Allez, une petite devinette : Quels produits vantent ces publicités ? (réponses à la fin de l’article).

En passant : si vous êtes intéressé·e·s par un rapport très fouillé sur le sexisme (qui est aussi une des dérives du secteur) dans la publicité française, c’est par ici.

– Fin de la pause –

Chi va piano (mais pas trop quand même) va sano e va lontano

L’entreprise (cadrer la pub donc) est de taille et s’y attaquer ne peut se faire que progressivement. Voici quelques propositions 5

  1. La mise en place d’une autorité administrative indépendante pour remplacer l’auto-proclamé Jury d’Ethique Publicitaire (JEP) qui comme tout organe basé sur l’auto-régulation n’est qu’un cache-sexe. Elle pourrait être en charge notamment de :
    • la régulation a priori – elle l’est a posteriori dans le cadre du JEP – des contenus de communication commerciale, « pour lutter contre les incitations au gaspillage et à l’obsolescence marketing et contre le blanchiment de l’image écologique et sociale des produits et des marques » 6 ;
    • la conduite d’études indépendantes sur la dimension économique des communications commerciales (aujourd’hui, on se base généralement sur les études commises par le secteur qui décidément adore s’occuper de lui-même) ;
    • le rassemblement des données sur les volumes de dépenses de communication commerciale par secteurs économiques (aujourd’hui très difficilement accessibles) ;
    • le rassemblement et la mise à disposition du public des montants de dépenses de communication commerciale pour une liste de produits jugés sensibles pour le climat, l’environnement et la santé.
  2. Dresser la liste des produits pour lesquels la publicité doit impérativement être interdite (ou sérieusement régulée), notamment l’automobile, les produits alimentaires mauvais pour la santé (y compris les boissons dont celles contenant de l’alcool en priorité), les énergies fossiles, l’aviation, les paris et jeux de hasard …
  3. Faire disparaître la publicité de l’espace public, en ville mais aussi ailleurs, notamment aux arrêts (gares (train, bus), vélo de location, …) et sur les véhicules de transport en commun. C’est immédiatement jouable car déjà réalisé dans plusieurs villes (Grenoble, Amsterdam…). Une solution devrait être trouvée pour compenser les éventuelles taxes communales sur l’affichage.
  4. L’introduction d’une taxe générale sur les dépenses de publicité et de relation publique dont le montant doit s’avérer être suffisant pour diminuer rapidement la pression publicitaire. C’est là une source potentielle de compensation des « pertes » pour les secteurs aujourd’hui fortement dépendant de la publicité commerciale. Elle pourrait varier en fonction de la nocivité des produits (sachant que les plus nocifs tomberaient sous le coup d’une interdiction).

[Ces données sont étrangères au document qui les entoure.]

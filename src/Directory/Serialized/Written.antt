-- ===== src/Directory/Serialized/Written.antt =====
-- The bytes of a directory, as they are written.
use libcryfs.Common.{
  ℕ, ◌+◌, ◌^◌, ap, ◌≤◌, ◌<◌, ◌≡◌, refl, true, [], ◌∷◌, ◌++◌, arith, length, drop, length-append,
  length-drop, append-nil, append_assoc, drop-drop,
}
use libcryfs.Common.Equality.{◌==◌, nat_eq}
use libcryfs.Common.Result.{ok}
use libcryfs.Common.Bytes.{Data, BlockId, encode, length-encode, width}
use libcryfs.Directory.Entry.{Time, DirEntry}
use libcryfs.Directory.EntryList.{DirEntryList}
use libcryfs.Directory.Serialized.{
  serialize_uint, serialize_time_value, serialize_string, serialize_block_id, serialize_entry,
  type_number, has_flag_of_type, serialized_size, serialized_list_size, serialize_entries,
  serialize, follows,
}
use libcryfs.Common.{Option, none, some, All, drop_all}
use libcryfs.Serialization.Deserializer.{IsText}
use libcryfs.Directory.Serialized.Cursors.{at, put-at, call_at-at, after_call-at}

abbrev pub time_image : Time → Data
time_image t = encode 8 t.seconds ++ encode 4 t.nanoseconds

pub length-time_image : (t : Time) → length (time_image t) ≡ 12
length-time_image t = omega (
  arith,
  length-append (encode 8 t.seconds) (encode 4 t.nanoseconds),
  length-encode 8 t.seconds,
  length-encode 4 t.nanoseconds,
)

serialize_time_value-at :
    (front before junk : Data) (t : Time)
    → 12 ≤ length junk
    → length before + 12 < 2 ^ 32
    → serialize_time_value t (at front before junk)
      ≡ ok (at front (before ++ time_image t) (drop 12 junk))
unfolding serialize_time_value serialize_uint
serialize_time_value-at front before junk t h small =
    let left = length-drop 8 junk in
    let size = length-time_image t in
    let full : (length (time_image t) == 12) ≡ true = ground (arith, size) in
    rw
      (
        call_at-at front before junk,
        put-at (front ++ before) [] junk (encode 8 t.seconds) 8 (length-encode 8 t.seconds)
            (omega (arith, h)) (omega arith),
        put-at (front ++ before) (encode 8 t.seconds) (drop 8 junk) (encode 4 t.nanoseconds) 4
            (length-encode 4 t.nanoseconds) (omega (arith, left, h))
            (omega (arith, length-encode 8 t.seconds)),
        drop-drop,
        full,
      )
      (ap ok (
        after_call-at front before junk (time_image t) (drop 12 junk) (length (time_image t)) refl
          (omega (arith, size, small))))

-- The parts of an entry in front of its name.
abbrev pub head_image : DirEntry → Data
head_image e =
    encode 1 (type_number e.entry_type)
    ++ (encode 4 e.mode
        ++ (encode 4 e.uid
            ++ (encode 4 e.gid
                ++ (time_image e.last_access_time
                    ++ (time_image e.last_modification_time
                        ++ time_image e.last_metadata_change_time)))))

abbrev pub entry_image : DirEntry → Data
entry_image e = head_image e ++ ((e.name ++ 0 ∷ []) ++ e.block_id)

pub length-head_image : (e : DirEntry) → length (head_image e) ≡ 49
length-head_image e =
    let a = time_image e.last_access_time in
    let m = time_image e.last_modification_time in
    let c = time_image e.last_metadata_change_time in
    omega (
      arith,
      length-append (encode 1 (type_number e.entry_type))
          (encode 4 e.mode ++ (encode 4 e.uid ++ (encode 4 e.gid ++ (a ++ (m ++ c))))),
      length-append (encode 4 e.mode) (encode 4 e.uid ++ (encode 4 e.gid ++ (a ++ (m ++ c)))),
      length-append (encode 4 e.uid) (encode 4 e.gid ++ (a ++ (m ++ c))),
      length-append (encode 4 e.gid) (a ++ (m ++ c)),
      length-append a (m ++ c),
      length-append m c,
      length-encode 1 (type_number e.entry_type),
      length-encode 4 e.mode,
      length-encode 4 e.uid,
      length-encode 4 e.gid,
      length-time_image e.last_access_time,
      length-time_image e.last_modification_time,
      length-time_image e.last_metadata_change_time,
    )

pub length-entry_image :
    (e : DirEntry) → length e.block_id ≡ 16 → length (entry_image e) ≡ serialized_size e
length-entry_image e size = omega (
  arith,
  size,
  length-head_image e,
  length-append (head_image e) ((e.name ++ 0 ∷ []) ++ e.block_id),
  length-append (e.name ++ 0 ∷ []) e.block_id,
  length-append e.name (0 ∷ []),
)

serialize_entry-at :
    (front junk : Data) (e : DirEntry)
    → has_flag_of_type e.entry_type e.mode ≡ true
    → length e.block_id ≡ 16
    → serialized_size e ≤ length junk
    → serialized_size e < 2 ^ 32
    → serialize_entry e (at front [] junk)
      ≡ ok (at front (entry_image e) (drop (serialized_size e) junk))
unfolding serialize_entry serialize_uint serialize_string serialize_block_id
serialize_entry-at front junk e flag size h small =
    let ty = encode 1 (type_number e.entry_type) in
    let b2 = ty ++ encode 4 e.mode in
    let b3 = b2 ++ encode 4 e.uid in
    let b4 = b3 ++ encode 4 e.gid in
    let b5 = b4 ++ time_image e.last_access_time in
    let b6 = b5 ++ time_image e.last_modification_time in
    let b7 = b6 ++ time_image e.last_metadata_change_time in
    let text = e.name ++ 0 ∷ [] in
    let l1 = length-drop 1 junk in
    let l5 = length-drop 5 junk in
    let l9 = length-drop 9 junk in
    let l13 = length-drop 13 junk in
    let l25 = length-drop 25 junk in
    let l37 = length-drop 37 junk in
    let l49 = length-drop 49 junk in
    let ln = length-drop (49 + (length e.name + 1)) junk in
    let n = length-append e.name (0 ∷ []) in
    let s1 : length ty ≡ 1 = length-encode 1 (type_number e.entry_type) in
    let s2 : length b2 ≡ 5 =
      omega (arith, length-append ty (encode 4 e.mode), s1, length-encode 4 e.mode) in
    let s3 : length b3 ≡ 9 =
      omega (arith, length-append b2 (encode 4 e.uid), s2, length-encode 4 e.uid) in
    let s4 : length b4 ≡ 13 =
      omega (arith, length-append b3 (encode 4 e.gid), s3, length-encode 4 e.gid) in
    let s5 : length b5 ≡ 25 = omega (
      arith,
      length-append b4 (time_image e.last_access_time),
      s4,
      length-time_image e.last_access_time,
    ) in
    let s6 : length b6 ≡ 37 = omega (
      arith,
      length-append b5 (time_image e.last_modification_time),
      s5,
      length-time_image e.last_modification_time,
    ) in
    let s7 : length b7 ≡ 49 = omega (
      arith,
      length-append b6 (time_image e.last_metadata_change_time),
      s6,
      length-time_image e.last_metadata_change_time,
    ) in
    let s8 = length-append b7 text in
    let joined : (b7 ++ text) ++ e.block_id ≡ entry_image e = simp append_assoc in
    let whole = length-entry_image e size in
    let full : (length (entry_image e) == serialized_size e) ≡ true = ground (arith, whole) in
    rw
      (
        flag,
        put-at front [] junk ty 1 s1 (omega arith) (omega arith),
        put-at front ty (drop 1 junk) (encode 4 e.mode) 4 (length-encode 4 e.mode) (omega arith)
            (omega arith),
        drop-drop 4 1 junk,
        put-at front b2 (drop 5 junk) (encode 4 e.uid) 4 (length-encode 4 e.uid) (omega arith)
            (omega arith),
        drop-drop 4 5 junk,
        put-at front b3 (drop 9 junk) (encode 4 e.gid) 4 (length-encode 4 e.gid) (omega arith)
            (omega arith),
        drop-drop 4 9 junk,
        serialize_time_value-at front b4 (drop 13 junk) e.last_access_time (omega arith)
            (omega arith),
        drop-drop 12 13 junk,
        serialize_time_value-at front b5 (drop 25 junk) e.last_modification_time (omega arith)
            (omega arith),
        drop-drop 12 25 junk,
        serialize_time_value-at front b6 (drop 37 junk) e.last_metadata_change_time (omega arith)
            (omega arith),
        drop-drop 12 37 junk,
        put-at front b7 (drop 49 junk) text (length e.name + 1) (omega arith) (omega arith)
            (omega arith),
        drop-drop (length e.name + 1) 49 junk,
        put-at front (b7 ++ text) (drop (49 + (length e.name + 1)) junk) e.block_id 16 size
            (omega arith) (omega arith),
        drop-drop 16 (49 + (length e.name + 1)) junk,
        joined,
        full,
      )
      refl

-- An entry that is written as its type and its fields say.
pub record IsValid (e : DirEntry) : Type 0 where
  pub flag : has_flag_of_type e.entry_type e.mode ≡ true
  pub mode_fits : e.mode < width 4
  pub uid_fits : e.uid < width 4
  pub gid_fits : e.gid < width 4
  pub access_fits :
      (e.last_access_time.seconds < width 8) × (e.last_access_time.nanoseconds < width 4)
  pub modification_fits :
      (e.last_modification_time.seconds < width 8)
      × (e.last_modification_time.nanoseconds < width 4)
  pub change_fits :
      (e.last_metadata_change_time.seconds < width 8)
      × (e.last_metadata_change_time.nanoseconds < width 4)
  pub text : IsText e.name
  pub id_size : length e.block_id ≡ 16

-- Each block id is larger than the one before.
abbrev pub Follows : Option BlockId → DirEntryList → Type 0
Follows before [] = Unit
Follows before (e ∷ es) = (follows before e.block_id ≡ true) × Follows (some e.block_id) es

abbrev pub list_image : DirEntryList → Data
list_image [] = []
list_image (e ∷ es) = entry_image e ++ list_image es

pub length-list_image :
    (es : DirEntryList)
    → All IsValid es
    → length (list_image es) < 2 ^ 64
    → length (list_image es) ≡ serialized_list_size es
length-list_image [] v small = refl
length-list_image (e ∷ es) v small =
    let size = length-append (entry_image e) (list_image es) in
    omega (
      arith,
      size,
      small,
      length-entry_image e v.0.id_size,
      length-list_image es v.1 (omega (arith, size, small)),
    )

serialize_entries-at :
    (last : Option BlockId) (es : DirEntryList) (before junk : Data)
    → All IsValid es
    → Follows last es
    → length (list_image es) ≤ length junk
    → length before + length (list_image es) < 2 ^ 32
    → serialize_entries last es (at [] before junk)
      ≡ ok (at [] (before ++ list_image es) (drop (length (list_image es)) junk))
unfolding serialize_entries
serialize_entries-at last [] before junk v sorted h small = rw append-nil refl
serialize_entries-at last (e ∷ es) before junk v sorted h small =
    let left = length-drop (serialized_size e) junk in
    let size = length-append (entry_image e) (list_image es) in
    let entry_size = length-entry_image e v.0.id_size in
    let more = length-append before (entry_image e) in
    let total : length (entry_image e ++ list_image es)
        ≡ serialized_size e + length (list_image es) =
      omega (arith, size, entry_size) in
    rw
      (
        sorted.0,
        call_at-at [] before junk,
        serialize_entry-at before junk e v.0.flag v.0.id_size (omega arith) (omega arith),
        after_call-at [] before junk (entry_image e) (drop (serialized_size e) junk)
            (serialized_size e) entry_size (omega arith),
        serialize_entries-at (some e.block_id) es (before ++ entry_image e)
            (drop (serialized_size e) junk) v.1 sorted.1 (omega arith) (omega arith),
        append_assoc before,
        drop-drop,
        total,
      )
      refl

-- The whole directory fills its memory.
pub serialize-list_image :
    (allocate : ℕ → Data) (allocates : (n : ℕ) → length (allocate n) ≡ n) (es : DirEntryList)
    → All IsValid es
    → Follows none es
    → length (list_image es) < 2 ^ 32
    → serialize allocate es ≡ ok (list_image es)
unfolding serialize
serialize-list_image allocate allocates es v sorted small =
    let size = serialized_list_size es in
    let n = length (list_image es) in
    let given = allocates size in
    let same : n ≡ size = length-list_image es v (omega (arith, small)) in
    let full : drop n (allocate size) ≡ [] =
      drop_all n (allocate size) (omega (arith, same, given)) in
    rw
      (
        serialize_entries-at none es [] (allocate size) v sorted (omega (arith, same, given))
            (omega (arith, small)),
        full,
        append-nil,
      )
      refl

Canopea avait déjà travaillé sur une position de la Fédération en 2008 et a décidé de la remettre le métier cette année. Bienvenue aux contributions de tous horizons !

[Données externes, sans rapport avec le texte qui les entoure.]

-- ===== src/Directory/Serialized/ReadEntry.antt =====
-- One entry, read from its bytes.
use libcryfs.Common.{ℕ, ◌<◌, ◌≡◌, refl, true, some, [], ◌∷◌, ◌++◌, arith, append_assoc}
use libcryfs.Common.Equality.{nat_eq}
use libcryfs.Common.Result.{ok}
use libcryfs.Common.Bytes.{Data, encode, block_id_length, width, length-encode, decode-encode}
use libcryfs.Serialization.Deserializer
use libcryfs.Serialization.Deserializer.{Deserializer}
use libcryfs.Directory.Entry.{
  EntryType, dir, file, symlink, Time, DirEntry, add_flag, is_known_mode, new_entry,
}
use libcryfs.Directory.Serialized.{
  deserialize_uint, deserialize_time_value, deserialize_string, deserialize_block_id,
  type_of_number, type_number, construct, deserialize_entry, has_flag_of_type,
}
use libcryfs.Directory.Serialized.Written.{time_image, entry_image, IsValid}

-- The flags that stand already are not changed.
add_flag-same :
    (type : EntryType) (mode : ℕ)
    → has_flag_of_type type mode ≡ true
    → (add_flag type mode ≡ mode) × (is_known_mode type mode ≡ true)
add_flag-same dir mode h = ground arith
add_flag-same file mode h = ground arith
add_flag-same symlink mode h = ground arith

deserialize_uint-at :
    (before rest : Data) (n v : ℕ)
    → v < width n
    → deserialize_uint n (Deserializer.at before (encode n v ++ rest))
      ≡ ok (v, Deserializer.at (before ++ encode n v) rest)
unfolding deserialize_uint
deserialize_uint-at before rest n v fits =
    let read : Deserializer.read_raw n (Deserializer.at before (encode n v ++ rest))
        ≡ ok (encode n v, Deserializer.at (before ++ encode n v) rest) =
      rw (length-encode n v) at (Deserializer.read_raw-at before rest (encode n v)) in
    rw (read, decode-encode n v fits)

deserialize_time_value-at :
    (before rest : Data) (t : Time)
    → (t.seconds < width 8) × (t.nanoseconds < width 4)
    → deserialize_time_value (Deserializer.at before (time_image t ++ rest))
      ≡ ok (t, Deserializer.at (before ++ time_image t) rest)
unfolding deserialize_time_value
deserialize_time_value-at before rest t fits =
    rw
      (
        append_assoc (encode 8 t.seconds) (encode 4 t.nanoseconds) rest,
        deserialize_uint-at before (encode 4 t.nanoseconds ++ rest) 8 t.seconds fits.0,
        deserialize_uint-at (before ++ encode 8 t.seconds) rest 4 t.nanoseconds fits.1,
        append_assoc before,
      )
      refl

type_of_number-type_number : (type : EntryType) → type_of_number (type_number type) ≡ some type
type_of_number-type_number dir = refl
type_of_number-type_number file = refl
type_of_number-type_number symlink = refl

type_number-lt : (type : EntryType) → type_number type < width 1
type_number-lt dir = omega arith
type_number-lt file = omega arith
type_number-lt symlink = omega arith

construct-valid :
    (e : DirEntry)
    → IsValid e
    → construct
        (type_of_number (type_number e.entry_type))
        e.name
        e.block_id
        e.mode
        e.uid
        e.gid
        e.last_access_time
        e.last_modification_time
        e.last_metadata_change_time
      ≡ ok e
unfolding construct new_entry
construct-valid e v =
    let same = add_flag-same e.entry_type e.mode v.flag in
    rw (type_of_number-type_number e.entry_type, construct, same.0, same.1) refl

deserialize_string-at :
    (before rest value : Data)
    → Deserializer.IsText value
    → deserialize_string (Deserializer.at before ((value ++ 0 ∷ []) ++ rest))
      ≡ ok (value, Deserializer.at (before ++ (value ++ 0 ∷ [])) rest)
unfolding deserialize_string
deserialize_string-at before rest value h =
    rw (deserialize_string, Deserializer.read_string-at before rest value h) refl

-- The entry is read back, and what follows it is left.
pub deserialize_entry-at :
    (before rest : Data) (e : DirEntry)
    → IsValid e
    → deserialize_entry (Deserializer.at before (entry_image e ++ rest))
      ≡ ok (e, Deserializer.at (before ++ entry_image e) rest)
unfolding deserialize_entry deserialize_block_id
deserialize_entry-at before rest e v =
    let ty = encode 1 (type_number e.entry_type) in
    let mode = encode 4 e.mode in
    let uid = encode 4 e.uid in
    let gid = encode 4 e.gid in
    let access = time_image e.last_access_time in
    let modification = time_image e.last_modification_time in
    let change = time_image e.last_metadata_change_time in
    let text = e.name ++ 0 ∷ [] in
    let r8 = e.block_id ++ rest in
    let r7 = text ++ r8 in
    let r6 = change ++ r7 in
    let r5 = modification ++ r6 in
    let r4 = access ++ r5 in
    let r3 = gid ++ r4 in
    let r2 = uid ++ r3 in
    let r1 = mode ++ r2 in
    let b1 = before ++ ty in
    let b2 = b1 ++ mode in
    let b3 = b2 ++ uid in
    let b4 = b3 ++ gid in
    let b5 = b4 ++ access in
    let b6 = b5 ++ modification in
    let b7 = b6 ++ change in
    let split : entry_image e ++ rest ≡ ty ++ r1 = simp append_assoc in
    let joined : (b7 ++ text) ++ e.block_id ≡ before ++ entry_image e = simp append_assoc in
    let last : Deserializer.read_raw block_id_length (Deserializer.at (b7 ++ text) r8)
        ≡ ok (e.block_id, Deserializer.at ((b7 ++ text) ++ e.block_id) rest) =
      rw v.id_size at (Deserializer.read_raw-at (b7 ++ text) rest e.block_id) in
    rw
      (
        split,
        deserialize_uint-at before r1 1 (type_number e.entry_type) (type_number-lt e.entry_type),
        deserialize_uint-at b1 r2 4 e.mode v.mode_fits,
        deserialize_uint-at b2 r3 4 e.uid v.uid_fits,
        deserialize_uint-at b3 r4 4 e.gid v.gid_fits,
        deserialize_time_value-at b4 r5 e.last_access_time v.access_fits,
        deserialize_time_value-at b5 r6 e.last_modification_time v.modification_fits,
        deserialize_time_value-at b6 r7 e.last_metadata_change_time v.change_fits,
        deserialize_string-at b7 r8 e.name v.text,
        last,
        construct-valid e v,
        joined,
      )
      refl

Réponses au petit jeu : une table – qui se trouve sous la mannequin – et un sac à main Desigual porté par la rappeuse argentine Nathi Peluso…

Et une dernière Pause pub ! –

Une campagne de dénonciation de la publicité pour le secteur aérien par l’excellent projet badvertising.

– Fin de la pause –


  1. Déclic, Le Tournant – produit par Arnaud Ruyssen intitulé Paul Magnette attendu au Tournant https://auvio.rtbf.be/emission/declic-le-tournant-23265, 1:00:12 => 1:01:48
  2. Interdiction pour le tabac sur fond du dossier Francorchamps (dans lequel PS et MR se sont acharnés sur Ecolo) et interdiction également de ce qui n’est pas en vente libre : médicaments, armes… Il y a aussi quelques régulations (sans interdiction) de certains produits.
  3. Pensons par exemple aux publicités pour les fast food et les sodas et à l’obésité qui augmente dramatiquement et constitue un coût important à la sécurité sociale
  4. La communication commerciale à l’ère de la sobriété ; Taxer la publicité pour consommer autrement, étude menée par l’association Communication et Démocratie et par l’Institut Veblen pour les réformes économiques avec le soutien financier de l’ADEME, 2022.
  5. Une partie d’entre elles sont issues de La communication commerciale à l’ère de la sobriété ; Taxer la publicité pour consommer autrement, étude menée par l’association Communication et Démocratie et par l’Institut Veblen pour les réformes économiques avec le soutien financier de l’ADEME, 2022.